Most sign and print shops will provide that service if they are set up for it. We have done it in the past. We generally send it application-ready - cut, weeded and ready to apply via heat press. We've also done multi-color printed heat transfers on a per-order basis as well.

Vinyl transfers are generally best for one-color designs in low quantity. For higher quantities screen printing is best, and for one-off multiple color designs printed heat transfers or DTG might be your best option.


----------



## dtodj43 (Jul 21, 2009)

can help [email protected] have heat transfer vinyl and cutter S&H plus material


----------



## texasjack49 (Aug 4, 2008)

Pwear said:


> Most sign and print shops will provide that service if they are set up for it. We have done it in the past. We generally send it application-ready - cut, weeded and ready to apply via heat press. We've also done multi-color printed heat transfers on a per-order basis as well.
> 
> Vinyl transfers are generally best for one-color designs in low quantity. For higher quantities screen printing is best, and for one-off multiple color designs printed heat transfers or DTG might be your best option.

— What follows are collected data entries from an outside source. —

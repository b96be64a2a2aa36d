-- ===== src/Channels/Poller.antt =====
-- The poller: codegen_kit_tg_channels/polling.py and runtime.py of packages/codegen-kit-tg-channels. An
-- instant minus a duration stops at 0, which the maximum with a later instant hides.
pub mod Window
use Prim.Native.Nat.{Ordering}
use Prim.Native.String.{compare}
use codegen_product_kit.Base.{
  ℕ, ◌+◌, ◌-◌, ◌*◌, max, String, Bool, true, false, ◌||◌, Option, none, some, List, [], ◌∷◌, ◌++◌,
  map, if◌then◌else◌, ◌==◌, ltb, str_eq,
}
use codegen_product_kit.Base.Dict.{Dict}
use codegen_product_kit.Base.Sorting.{sort_by}
use codegen_product_kit.Channels.Store.{
  Post, PollState, Tables, Delivery, Library, union, accept_page, pending, confirm_delivery,
}

abbrev pub hour : ℕ
hour = 3600000000

abbrev pub restart_margin : ℕ
restart_margin = 24 * hour

abbrev pub retention_horizon : ℕ
retention_horizon = 30 * 24 * hour

abbrev pub first_window : ℕ
first_window = 72 * hour

-- A `ServiceError` of client.py; the delay is in seconds.
pub record ServiceError : Type 0 where
  pub status : ℕ
  pub retry_after : ℕ

pub record PostPage : Type 0 where
  pub items : List Post
  pub next_cursor : String

pub data Reply : Type 0 where
  page : PostPage → Reply
  failed : ServiceError → Reply

-- `ReaderClient.posts`: the platform's answer for channels, an instant and a cursor.
abbrev pub Client : Type 0
Client = List String → ℕ → Option String → Reply

abbrev pub clamp : ℕ → ℕ → ℕ
clamp since at = max (max since (at - restart_margin)) (at - retention_horizon)

abbrev pub restarted : PollState → ℕ → ℕ → PollState
restarted state since at = record state { cursor = none; since_at = some (clamp since at) }

abbrev retried : Client → List String → PollState → ℕ → ℕ → Reply → Reply × ℕ × PollState
retried client channels state since at (page p) = (page p, since, state)
retried client channels state since at (failed e) =
    if e.status == 409
    then (client channels (clamp since at) none, clamp since at, restarted state since at)
    else (failed e, since, state)

-- `Poller._page`: the answer, and `since_at` and the state afterwards.
pub page_of : Client → List String → PollState → ℕ → ℕ → Reply × ℕ × PollState
page_of client channels state since at =
    retried client channels state since at (client channels since state.cursor)

abbrev or_default : ℕ → Option ℕ → ℕ
or_default d none = d
or_default d (some n) = n

-- `max(state["since_at"] or at - 72 h, at - 30 d)`
pub window : PollState → ℕ → ℕ
window state at = max (or_default (at - first_window) state.since_at) (at - retention_horizon)

abbrev names : Dict (Dict ℕ) → List String
names d = map (λ e. e.0) d

abbrev leq_text : String → String → Bool
leq_text a b = elim (compare a b) [ Ordering.gt ↦ false | _ ↦ true ]

abbrev save_state : PollState → Tables → Tables
save_state state db = record db { poll_state = state }

abbrev settle : Library → ℕ → Dict (Dict ℕ) → Tables → Reply × ℕ × PollState → Tables
settle lib at subscribers db (page p, since, state) =
    save_state
      (record state {
        cursor = some p.next_cursor;
        since_at = some (clamp since at);
        retry_at = none;
      })
      (accept_page lib at subscribers p.items db)
settle lib at subscribers db (failed e, since, state) =
    save_state
      (if e.status == 401 || e.status == 403
        then record state { stopped = true }
        else record state { retry_at = some (at + e.retry_after * 1000000) })
      db

abbrev is_waiting : ℕ → Option ℕ → Bool
is_waiting at none = false
is_waiting at (some retry) = ltb at retry

abbrev poll_subscribers : Library → Client → ℕ → Tables → Dict (Dict ℕ) → Tables
poll_subscribers lib client at db [] = db
poll_subscribers lib client at db (s ∷ subscribers) =
    let since = window db.poll_state at in
    settle lib at (s ∷ subscribers) db (
      page_of client (sort_by leq_text (names (s ∷ subscribers)))
        (record db.poll_state { since_at = some since }) since at)

abbrev poll_with : Library → ℕ → Tables → Option Client → Tables
poll_with lib at db none = db
poll_with lib at db (some client) =
    if db.poll_state.stopped || is_waiting at db.poll_state.retry_at
    then db
    else poll_subscribers lib client at db (union db)

-- `Poller.poll`, in one transaction.
pub poll : Library → Option Client → ℕ → Tables → Tables
unfolding page_of window
poll lib client at db = poll_with lib at db client

pub record World : Type 0 where
  pub tables : Tables
  pub stream : List Delivery

-- `Store.confirm`
abbrev confirm : ℕ → ℕ → Tables → Tables
confirm event_id at db = record db { deliveries = map (confirm_delivery event_id at) db.deliveries }

-- The loop of `emit_pending`, `publish` telling for each event whether the stream takes it; the result is
-- false if a publication raised, which ends the loop.
pub emit_rows : (ℕ → Bool) → ℕ → List Delivery → World → Bool × World
emit_rows publish at [] w = (true, w)
emit_rows publish at (row ∷ rows) w = elim (publish row.event_id) [
  | true ↦
      emit_rows publish at rows
        (record { tables = confirm row.event_id at w.tables; stream = w.stream ++ row ∷ [] })
  | false ↦ (false, w)
]

-- `Poller.emit_pending`
pub emit_pending : (ℕ → Bool) → ℕ → World → Bool × World
unfolding emit_rows
emit_pending publish at w = emit_rows publish at (pending w.tables) w

abbrev and_then : (World → Bool × World) → Bool × World → Bool × World
and_then f (false, w) = (false, w)
and_then f (true, w) = f w

-- `Poller.tick`
pub tick : Library → Option Client → (ℕ → Bool) → ℕ → World → Bool × World
unfolding emit_pending poll
tick lib client publish at w =
    and_then (λ w'. emit_pending publish at (record w' { tables = poll lib client at w'.tables }))
      (emit_pending publish at w)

We are ASI and use transferexpress.com and they are set up for large quantities and can do custom designs. if you use gang sheets you can get 6 to 8 images on a sheet and at 100 sheets you are paying about $ .25 per image and you can apply it to a cap, team bag or any size shirt. You can transfer as you sell.They can also do photo transfers, names and sports numbers. I have an account if you need any assistance.


----------



## MotoskinGraphix (Apr 28, 2006)

_ I can help you with custom vinyl transfers._


----------



## TWELVEANDTWO (Mar 22, 2014)

MotoskinGraphix said:


> _ I can help you with custom vinyl transfers._


 Do you still do custom vinyl transfers?


----------



## VBirk (Feb 5, 2016)

There is a company in Sioux City Iowa e-mail address [email protected]. They use Stahls brand heat applied vinyl and custom cut Player, Names, Numbers from a variety of fonts, or any of your own vector artwork. Will do just one at a time.


----------